Un peu plus de vingt-quatre heures après avoir reçu au Château de Prague Andrej Babiš, grand favori de ces législatives, pour lui demander comment il comptait respecter la loi sur les conflits d’intérêts s’il est amené à le nommer Premier ministre, et trois jours avant l’ouverture des bureaux de vote, Petr Pavel a, donc, tenu à rappeler aux Tchèques, dans une allocution pas plus longue que cinq minutes, ce qui, à ses yeux, constitue les priorités les plus importantes pour le proche avenir du pays. Mais aussi, alors que le taux de participation avait été de 65 % lors des dernières élections il y a quatre ans, que voter, en plus d’être un droit, était aussi un devoir :
« Si vous n’allez pas voter, vous acceptez volontairement que d’autres décident à votre place et pour vous. Est-ce vraiment ce que vous voulez ? Ou bien y a-t-il un parti qui satisfait vos attentes davantage qu’un autre ? Si oui, allez voter. Le but des élections est de confirmer ou de changer la politique du gouvernement dans le cadre d’une compétition politique ouverte et transparente. Je dois donc rejeter catégoriquement les propos de certains politiciens selon lesquels les élections de cette année devraient aboutir à un changement de système. »
Rappelant aussi que « le système démocratique [tchèque] est ancré dans la Constitution », et que par conséquent lui-même respectera « la volonté des électeurs » et les résultats des élections en chargeant son vainqueur, quel qu’il soit, de former un nouveau gouvernement, Petr Pavel - sans les nommer - a rejeté le discours des formations qui, de l’extrême droite à l’extrême gauche, avec le possible retour des communistes au Parlement, voudraient remettre en cause ce principe fondamental.
« Un gouvernement stable et compétent » pour ne pas compromettre la sécurité de la Tchéquie
S’il n’a pas voulu dramatiser la situation et a refusé de qualifier les élections à venir de « plus importantes de l’histoire du pays, comme cela se dit de toutes les élections législatives », le président a néanmoins admis que les enjeux étaient particulièrement élevés cette année, et ce, « avant tout en raison de la détérioration de la situation sécuritaire en Europe et dans le monde, ainsi que de la perte progressive de certitudes qui semblaient encore récemment incontestables ».

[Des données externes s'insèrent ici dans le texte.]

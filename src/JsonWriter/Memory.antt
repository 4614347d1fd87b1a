-- ===== src/JsonWriter/Memory.antt =====
-- The destination's memory under the writes of JsonWriter.
use zhac_mono_core.Prelude.{
  ℕ, zero, suc, ◌+◌, ◌-◌, ◌≤◌, ◌<◌, ◌≡◌, refl, sym, List, [], ◌∷◌, ◌++◌, arith, length, take, set,
  ◌==◌, Bool-cases, inl, inr, false, length-set, take_all, append_assoc, append-nil, ap, ◌∙◌,
}
use native.Mathlib.Nat.{add-zero}
use native.Mathlib.Numerals.{add-one}
use zhac_mono_core.JsonWriter.{store, vsnprintf}

pub take-set_end :
    (xs : List ℕ) (i c : ℕ) → i < length xs → take (suc i) (set xs i c) ≡ take i xs ++ c ∷ []
take-set_end [] i c h = elim h [ ]
take-set_end (x ∷ xs) zero c h = refl
take-set_end (x ∷ xs) (suc i) c h = ap (◌∷◌ x) (take-set_end xs i c (omega arith))

pub take-set_before : (xs : List ℕ) (p i c : ℕ) → p ≤ i → take p (set xs i c) ≡ take p xs
take-set_before xs zero i c h = refl
take-set_before [] (suc p) i c h = refl
take-set_before (x ∷ xs) (suc p) zero c h = absurd (omega arith)
take-set_before (x ∷ xs) (suc p) (suc i) c h = ap (◌∷◌ x) (take-set_before xs p i c (omega arith))

pub take_nothing : (xs ys : List ℕ) (p : ℕ) → xs ≡ xs ++ take (p - p) ys
take_nothing xs ys p = let e : p - p ≡ 0 = omega arith in rw e (sym (append-nil xs))

pub take_more :
    (xs s : List ℕ) (c p p' : ℕ)
    → suc p ≤ p'
    → (xs ++ c ∷ []) ++ take (p' - suc p) s ≡ xs ++ take (p' - p) (c ∷ s)
take_more xs s c p p' h =
    let e : p' - p ≡ suc (p' - suc p) = omega arith in
    rw e (append_assoc xs (c ∷ []) (take (p' - suc p) s))

pub take-append_whole : (s t : List ℕ) (k : ℕ) → take (length s + k) (s ++ t) ≡ s ++ take k t
take-append_whole [] t k = ap (λ (n : ℕ). take n t) (omega arith)
take-append_whole (x ∷ s) t k =
    let e : suc (length s) + k ≡ suc (length s + k) = omega arith in
    rw e (ap (◌∷◌ x) (take-append_whole s t k))

pub take-append_within : (s t : List ℕ) (k : ℕ) → k ≤ length s → take k (s ++ t) ≡ take k s
take-append_within s t zero h = refl
take-append_within [] t (suc k) h = elim h [ ]
take-append_within (x ∷ s) t (suc k) h = ap (◌∷◌ x) (take-append_within s t k (omega arith))

length-store : (buf : List ℕ) (pos : ℕ) (text : List ℕ) → length (store buf pos text) ≡ length buf
unfolding store
length-store buf pos [] = refl
length-store buf pos (c ∷ text) = length-store (set buf pos c) (pos + 1) text ∙ length-set buf pos c

-- The bytes before `pos` stay.
take-store_before :
    (buf : List ℕ) (p pos : ℕ) (text : List ℕ) → p ≤ pos → take p (store buf pos text) ≡ take p buf
unfolding store
take-store_before buf p pos [] h = refl
take-store_before buf p pos (c ∷ text) h =
    take-store_before (set buf pos c) p (pos + 1) text (omega arith) ∙ take-set_before buf p pos c h

-- The text stands behind them.
take-store :
    (text rest buf : List ℕ) (pos : ℕ)
    → pos + length text ≤ length buf
    → take (pos + length text) (store buf pos (text ++ rest)) ≡ take pos buf ++ text
unfolding store
take-store [] rest buf pos h =
    rw (add-zero, append-nil) (take-store_before buf pos pos rest (omega arith))
take-store (c ∷ text) rest buf pos h =
    let e : pos + suc (length text) ≡ pos + 1 + length text = omega arith in
    rw e (
      take-store text rest (set buf pos c) (pos + 1) (omega (arith, length-set buf pos c))
      ∙ rw (add-one, take-set_end buf pos c (omega arith))
          (append_assoc (take pos buf) (c ∷ []) text))

pub length-vsnprintf :
    (buf : List ℕ) (pos rem : ℕ) (text : List ℕ) → length (vsnprintf buf pos rem text) ≡ length buf
unfolding vsnprintf
length-vsnprintf buf pos rem text = elim (Bool-cases (rem == 0)) [
  | inl e ↦ rw e
  | inr e ↦ rw e (length-store buf pos (take (rem - 1) text ++ 0 ∷ []))
]

pub vsnprintf_before :
    (buf : List ℕ) (pos rem : ℕ) (text : List ℕ)
    → take pos (vsnprintf buf pos rem text) ≡ take pos buf
unfolding vsnprintf
vsnprintf_before buf pos rem text = elim (Bool-cases (rem == 0)) [
  | inl e ↦ rw e
  | inr e ↦ rw e (take-store_before buf pos pos (take (rem - 1) text ++ 0 ∷ []) (omega arith))
]

-- A text that fits with its NUL is stored whole.
pub vsnprintf_whole :
    (buf : List ℕ) (pos rem : ℕ) (text : List ℕ)
    → length text < rem
    → pos + rem ≤ length buf
    → take (pos + length text) (vsnprintf buf pos rem text) ≡ take pos buf ++ text
unfolding vsnprintf
vsnprintf_whole buf pos rem text h k =
    let e : (rem == 0) ≡ false = ground arith in
    rw (e, take_all (rem - 1) text (omega arith)) (take-store text (0 ∷ []) buf pos (omega arith))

« C’est pourquoi nous avons besoin d’un gouvernement qui continue à garantir la sécurité de notre pays. Nous la devons aujourd’hui à notre ancrage solide dans l’Union européenne et surtout dans l’alliance défensive la plus puissante au monde, l’OTAN. Nous avons besoin d’un gouvernement qui protège notre souveraineté au sein de la communauté des pays démocratiques et ne nous laisse pas à la merci de la Russie et de sa volonté de rétablir sa sphère d’influence en Europe centrale et orientale. Cela aurait des conséquences considérables sur notre liberté, notre sécurité et notre prospérité économique. »
Petr Pavel l’a donc promis aux Tchèques : c’est « en faveur de la formation d’un gouvernement stable et compétent » qu’il s’engagera tout en appelant le prochain Premier ministre « à ne pas compromettre la sécurité [du pays] ». Mais il les a aussi prévenus : « Nous vivons dans une démocratie. Et c’est vous, les électeurs, qui avez le dernier mot quant à la composition du futur gouvernement et à l’orientation de notre pays. »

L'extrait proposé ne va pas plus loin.